Making the grade – Brownsville adds class to help students in struggle to pass assessment tests
BROWNSVILLE – The Brownsville Area School District is adding a class to its curriculum to prepare students for the Pennsylvania System of School Assessment tests. Sixty-five of 106 seniors initially failed the test their junior year and 17 of those are currently scrambling to pass the district’s equivalence test, which is a retest required of those who failed the PSSAs.
High school Principal Rick Gates said that he only found out in March of this year, after this year’s seniors had already taken their PSSA test, that the state requires seniors pass an assessment test equivalent to the PSSAs in order to graduate.
The Pennsylvania Department of Education has required that seniors be proficient in reading, writing and mathematics in order to graduate. They have given districts the choice to use the PSSA test to measure the students’ proficiency or a district equivalence test.
A release alerting districts of the state requirement found on PDE’s Web site, listed under assessments and graduation requirements, is dated Nov. 1, 2002.
In Brownsville students are required to pass the PSSAs their junior year or take a retest during their senior year. Gates said students who score on the “basic level” or below are required to take a retest until they pass in order to graduate.
He said students and teachers, who are now tutoring the students who have yet to pass the retest, are working very hard, to ensure graduation.
He said the district is doing everything they can, including adding a class to the curriculum for those who score low on the PSSAs, to avoid a situation like this in the future.
“Next year, we’re implementing a reading class to help kids who fail the PSSA,” Gates said.
According to Gates, the class will be available to those in ninth thru 12th grades.
“I want them ready when they take this test,” he said. “It’s a difficult test with a lot of difficult questions and they have to learn how to answer those questions.”
Gates said the class is primarily a reading class, but he said it will also help students with writing and also with math.
Gates said that a higher percentage of students have not passed the mathematics portion of the test, but he said a fair share have not passed the reading and writing as well.
“It’s the reading part of the math (word problems) that they are having problems with and that will be reviewed in the classes too,” Gates said.

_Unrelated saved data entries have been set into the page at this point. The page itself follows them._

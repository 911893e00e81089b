-- ===== src/Ring/Fifo.antt =====
-- What holds in every reachable state of a ring: the reader reads only a block that is its own, and
-- what it delivers is what the kernel produced, in order.
use netdump.Base.{
  ℕ, ◌-◌, ◌≤◌, ◌≡◌, sym, ap, ◌∙◌, subst, Bool, true, false, Option, none, some, ◌++◌, Bool-cases,
  inl, inr, if◌then◌else◌, arith, ltb, ltb→lt, ltb→le,
}
use mathlib.Core.List.{append-nil}
use netdump.Ring.Block.{Block, is_user}
use netdump.Ring.Reader.{AfPacketSocket, BlockCursor, retire, written}
use netdump.Ring.System.{System, Step, retires, takes, releases, loads, Reach, here, next, IsOpened}
use netdump.Ring.Slots.{window, put_block-other}
use netdump.Ring.Inv.{Inv, CursorFits, pending, pending_at, opened-Inv}
use netdump.Ring.Kernel.{retires-Inv}
use netdump.Ring.Moves.{takes-Inv, releases-Inv, loads-Inv}

pub Step-Inv : {s t : System} → Inv s → Step s t → Inv t
Step-Inv {s} v (retires block u h) = retires-Inv s v block u h
Step-Inv {s} v (takes c e h) = takes-Inv s v c e h
Step-Inv {s} v (releases c e h) = releases-Inv s v c e h
Step-Inv {s} v (loads e u) = loads-Inv s v e u

pub Reach-Inv : {s t : System} → Inv s → Reach s t → Inv t
Reach-Inv v here = v
Reach-Inv v (next r st) = Step-Inv (Reach-Inv v r) st

-- In every state that an opened ring comes to, however the kernel and the reader take turns, the
-- packets delivered are the first of those that the kernel produced, each once and in their order;
-- the others are those that the ring still holds.
pub delivered-in_order :
    {s t : System} → IsOpened s → Reach s t → t.delivered ++ pending t ≡ t.produced
delivered-in_order {s} o r = (Reach-Inv (opened-Inv s o) r).balance

cursor_block_user :
    {t : System} {c : BlockCursor}
    → Inv t
    → t.sock.cursor ≡ some c
    → is_user (t.sock.ring.blocks c.base) ≡ true
cursor_block_user {t} {c} v e =
    let (at, below, seen) = subst (CursorFits t) e v.cursor_fits in
    ap (λ (k : ℕ). is_user (t.sock.ring.blocks k)) (at ∙ v.reader_at)
    ∙ v.full t.released (omega arith) below

retire-kept :
    (sock : AfPacketSocket) (block : Block) (k : ℕ)
    → is_user (sock.ring.blocks k) ≡ true
    → (retire block sock).ring.blocks k ≡ sock.ring.blocks k
retire-kept sock block k u = elim (Bool-cases (is_user (sock.ring.blocks sock.ring.kernel_block))) [
  | inl f ↦
      ap
        (λ (b : Bool).
          (let z : AfPacketSocket = if b then sock else written block sock in z).ring.blocks k)
        f
  | inr f ↦
      ap
        (λ (b : Bool).
          (let z : AfPacketSocket = if b then sock else written block sock in z).ring.blocks k)
        f
      ∙ put_block-other sock.ring.blocks sock.ring.kernel_block block k (λ e.
        let other = subst (λ (j : ℕ). is_user (sock.ring.blocks j) ≡ false) e f in cc (u, other))
]

-- In every state that an opened ring comes to, the block that the cursor is in is the reader's by
-- its status, and no block that the kernel retires is written there.
pub cursor-untouched :
    {s t : System} {c : BlockCursor}
    → IsOpened s
    → Reach s t
    → t.sock.cursor ≡ some c
    → (block : Block)
    → (is_user (t.sock.ring.blocks c.base) ≡ true)
      × ((retire block t.sock).ring.blocks c.base ≡ t.sock.ring.blocks c.base)
cursor-untouched {s} {t} {c} o r e block =
    let u = cursor_block_user (Reach-Inv (opened-Inv s o) r) e in
    (u, retire-kept t.sock block c.base u)

-- A reader that has no cursor, at a block that is not its own, has delivered everything.
pub nothing_pending :
    (t : System)
    → Inv t
    → t.sock.cursor ≡ none
    → is_user (t.sock.ring.blocks t.sock.current_block) ≡ false
    → t.delivered ≡ t.produced
nothing_pending t v e h =
    let all_read : t.retired ≤ t.released = elim (Bool-cases (ltb t.released t.retired)) [
      | inl f ↦
          let mine = v.full t.released (omega arith) (ltb→lt t.released t.retired f) in
          let other = subst (λ (k : ℕ). is_user (t.sock.ring.blocks k) ≡ false) v.reader_at h in
          absurd (true_not_false (sym mine ∙ other))
      | inr f ↦ ltb→le t.released t.retired f
    ] in
    let none_left : 0 ≡ t.retired - t.released = omega arith in
    sym (append-nil t.delivered)
    ∙ ap
        (λ (k : ℕ).
          t.delivered ++ window t.sock.ifindex t.sock.block_nr t.sock.ring.blocks t.released k)
        none_left
    ∙ ap (λ (o : Option BlockCursor). t.delivered ++ pending_at t.sock t.released t.retired o)
        (sym e)
    ∙ v.balance
  where
    true_not_false : true ≡ false → ⊥
    true_not_false q = cc q
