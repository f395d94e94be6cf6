-- ===== src/Eval/Controller/Waits.antt =====
-- The loops of cmd/evaluate/ that try again.
use inu.Base.{
  ℕ, zero, suc, ◌+◌, ◌<◌, ◌≤◌, ◌≡◌, refl, ap, ◌∙◌, Bool, true, false, ok, panic, arith, Bool-cases,
  inl, inr, ltb, leb, All, if◌then◌else◌, length, ◌==◌, ◌/◌,
}
use inu.Key.{IsKey}
use inu.Eval.Controller.{connect, new_api, key_bytes, rand_key, session_time}

-- The tries before the number fail, and its own succeeds.
pub record IsFirst (tries : ℕ → Bool) (n : ℕ) : Type 0 where
  pub fails : (j : ℕ) → j < n → tries j ≡ false
  pub succeeds : tries n ≡ true

connect-from :
    (tries : ℕ → Bool) (f i n : ℕ)
    → IsFirst tries n
    → i ≤ n
    → i ≤ 30
    → 31 ≤ i + f
    → connect f tries i ≡ (if leb n 30 then ok n else panic)
unfolding connect
connect-from tries zero i n first h small enough = absurd (omega (arith, small, enough))
connect-from tries (suc f) i n first h small enough = elim (Bool-cases (ltb i n)) [
  | inl before ↦
      let failed = first.fails i (ground (arith, before)) in
      elim (Bool-cases (leb 30 i)) [
        | inl last ↦ rw (failed, last) (ground (arith, before, last))
        | inr more ↦
            rw (failed, more)
              (connect-from tries f (i + 1) n first (ground (arith, before)) (ground (arith, more))
                (omega (arith, enough)))
      ]
  | inr now ↦
      let same : i ≡ n = ground (arith, now, h) in
      let found : tries i ≡ true = ap tries same ∙ first.succeeds in
      rw (found) (ground (arith, same, small))
]

new_api-from :
    (tries : ℕ → Bool) (f i n : ℕ)
    → IsFirst tries n
    → i ≤ n
    → i ≤ 31
    → 32 ≤ i + f
    → new_api f tries i ≡ (if leb n 31 then ok n else panic)
unfolding new_api
new_api-from tries zero i n first h small enough = absurd (omega (arith, small, enough))
new_api-from tries (suc f) i n first h small enough = elim (Bool-cases (ltb i n)) [
  | inl before ↦
      let failed = first.fails i (ground (arith, before)) in
      elim (Bool-cases (ltb 30 i)) [
        | inl last ↦ rw (failed, last) (ground (arith, before, last))
        | inr more ↦
            rw (failed, more)
              (new_api-from tries f (i + 1) n first (ground (arith, before)) (ground (arith, more))
                (omega (arith, enough)))
      ]
  | inr now ↦
      let same : i ≡ n = ground (arith, now, h) in
      let found : tries i ≡ true = ap tries same ∙ first.succeeds in
      rw (found) (ground (arith, same, small))
]

-- The two loops that try again return with the first try that succeeds, when no more than 30 tries
-- before it fail, for the test of the connections, and no more than 31, for the connection to a daemon;
-- else they panic. They take at most 31 and 32 tries.
pub tries_lem :
    (tries : ℕ → Bool) (n : ℕ)
    → IsFirst tries n
    → (connect 31 tries 0 ≡ (if leb n 30 then ok n else panic))
      × (new_api 32 tries 0 ≡ (if leb n 31 then ok n else panic))
tries_lem tries n first = (
  connect-from tries 31 0 n first (omega arith) (omega arith) (omega arith),
  new_api-from tries 32 0 n first (omega arith) (omega arith) (omega arith),
)

key_bytes-IsKey :
    (n : ℕ) (draws : ℕ → ℕ) (i : ℕ)
    → (length (key_bytes n draws i) ≡ n) × All (λ b. b < 256) (key_bytes n draws i)
unfolding key_bytes
key_bytes-IsKey zero draws i = (refl, tt)
key_bytes-IsKey (suc n) draws i =
    let (size, bytes) = key_bytes-IsKey n draws (i + 1) in (ap suc size, (ground arith, bytes))

-- What `randKey` gives is a key.
pub rand_key-IsKey : (draws : ℕ → ℕ) (i : ℕ) → IsKey (rand_key draws i)
rand_key-IsKey draws i =
    let (size, bytes) = key_bytes-IsKey 32 draws i in record { size = size; bytes = bytes }

-- A duration of `sessionTimes` is a second or more, and the loop ends when a draw of a second comes
-- within its rounds.
pub session_time_lem :
    (f : ℕ) (draws : ℕ → ℕ) (i n : ℕ)
    → i ≤ n
    → n < i + f
    → 1000 ≤ draws n
    → (s : ℕ) × (j : ℕ) × (session_time f draws i ≡ ok (s, j)) × (1 ≤ s) × (j ≤ n + 1)
unfolding session_time
session_time_lem zero draws i n h enough long = absurd (omega (arith, h, enough))
session_time_lem (suc f) draws i n h enough long = elim (Bool-cases (ltb (draws i) 1000)) [
  | inl short ↦
      let next : i + 1 ≤ n = elim (Bool-cases (i == n)) [
        | inl same ↦
            let at : i ≡ n = ground (arith, same) in
            absurd (ground (arith, short, ap draws at, long))
        | inr other ↦ ground (arith, other, h)
      ] in
      let (s, j, ran, small, early) =
        session_time_lem f draws (i + 1) n next (omega (arith, enough)) long in
      (s, j, rw (short) ran, small, early)
  | inr taken ↦ (draws i / 1000, i + 1, rw (taken) refl, ground (arith, taken), omega (arith, h))
]
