-- ===== src/Eval/Files.antt =====
-- The mutex of `AllocateFile` in cmd/evaluate/eval.go, which its two goroutines share: one makes files
-- and offers them, one removes those that are returned.
pub mod Stuck
use inu.Base.{ℕ, ◌≡◌, Bool, true, false, Option, none, some}

-- Where a goroutine stands: outside of the mutex, before the lock of a change of the map, inside, before
-- the lock of `cleanup`, at the removal of the files, at the deferred call of `cleanup`, and returned.
pub data Place : Type 0 where
  outside locking inside cleaning removing leaving returned : Place

-- A channel is ready for a goroutine outside of the mutex: its own one, or that of the context.
pub data Ready : Type 0 where
  own cancelled : Ready

-- `mu.Lock()`: a goroutine waits while the mutex is locked.
abbrev pub lock : Bool → Place → Option (Place × Bool)
lock true p = none
lock false p = some (p, true)

-- A step of a goroutine, with the mutex behind it; `none` is a goroutine that cannot take a step. The
-- deferred call is `mu.Lock` too.
unfoldable pub place_step : Ready → Place → Bool → Option (Place × Bool)
place_step own outside locked = some (locking, locked)
place_step cancelled outside locked = some (cleaning, locked)
place_step r locking locked = lock locked inside
place_step r inside locked = some (outside, false)
place_step r cleaning locked = lock locked removing
place_step r removing locked = some (leaving, locked)
place_step r leaving locked = lock locked returned
place_step r returned locked = none

pub record Files : Type 0 where
  pub maker : Place
  pub remover : Place
  pub locked : Bool

abbrev pub new_files : Files
new_files = record { maker = locking; remover = outside; locked = false }

-- What the goroutines can come to.
pub data FileRuns (f : Files) : Files → Type 0 where
  rest : FileRuns f f
  makes :
      (g : Files) (r : Ready) (p : Place) (l : Bool)
      → FileRuns f g
      → place_step r g.maker g.locked ≡ some (p, l)
      → FileRuns f (record g { maker = p; locked = l })
  removes :
      (g : Files) (r : Ready) (p : Place) (l : Bool)
      → FileRuns f g
      → place_step r g.remover g.locked ≡ some (p, l)
      → FileRuns f (record g { remover = p; locked = l })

Gates said that he believes that many of the students failed the test because they did not take the test seriously.
At a recent Tri-State School Study Council meeting, where “hundreds” of districts in the state were represented, Gates said that PSSA performance was a topic of discussion. He said many of the districts in attendance admitted that a high number of their seniors did not pass the PSSAs.
“There were a hundred different districts and in about half of those schools, I’d say maybe half of their kids didn’t pass the PSSA,” he said.
Gates said many of the administrators at that gathering also believed students did not perform well on the test because they did not take the test seriously.
“The test never meant anything to these kids until this year. They didn’t get a grade on it. Nothing was taken away if they failed and now all of a sudden you have to pass the test to graduate. We have told the kids that the tests count (toward graduation), now the kids next year will realize they need to take the test seriously,” Gates said.
Gates said he believes another reason students do not fare well on the test is because they are not familiar with the types of questions asked.
“Students nowadays don’t know how to do the type of problems on the tests. There are a lot of word problems and the books we’re using aren’t geared that way,” Gates said.
“I really think it is the way they ask the questions,” he said. “The questions are asked differently, so teachers have to gear their tests according to the way they are asked on the PSSA. We need more statement type, more thinking problems.”
Gates said he believes the Brownsville Area School District is one of the only districts taking the issue of PSSAs head on.
He said that there has been so much confusion among administrators in districts across the state about what the PDE expects from the districts.
“I’ve talked to other districts. I think we’re one of the few strictly following (the state) guidelines. Some districts just don’t know what to do,” Gates said.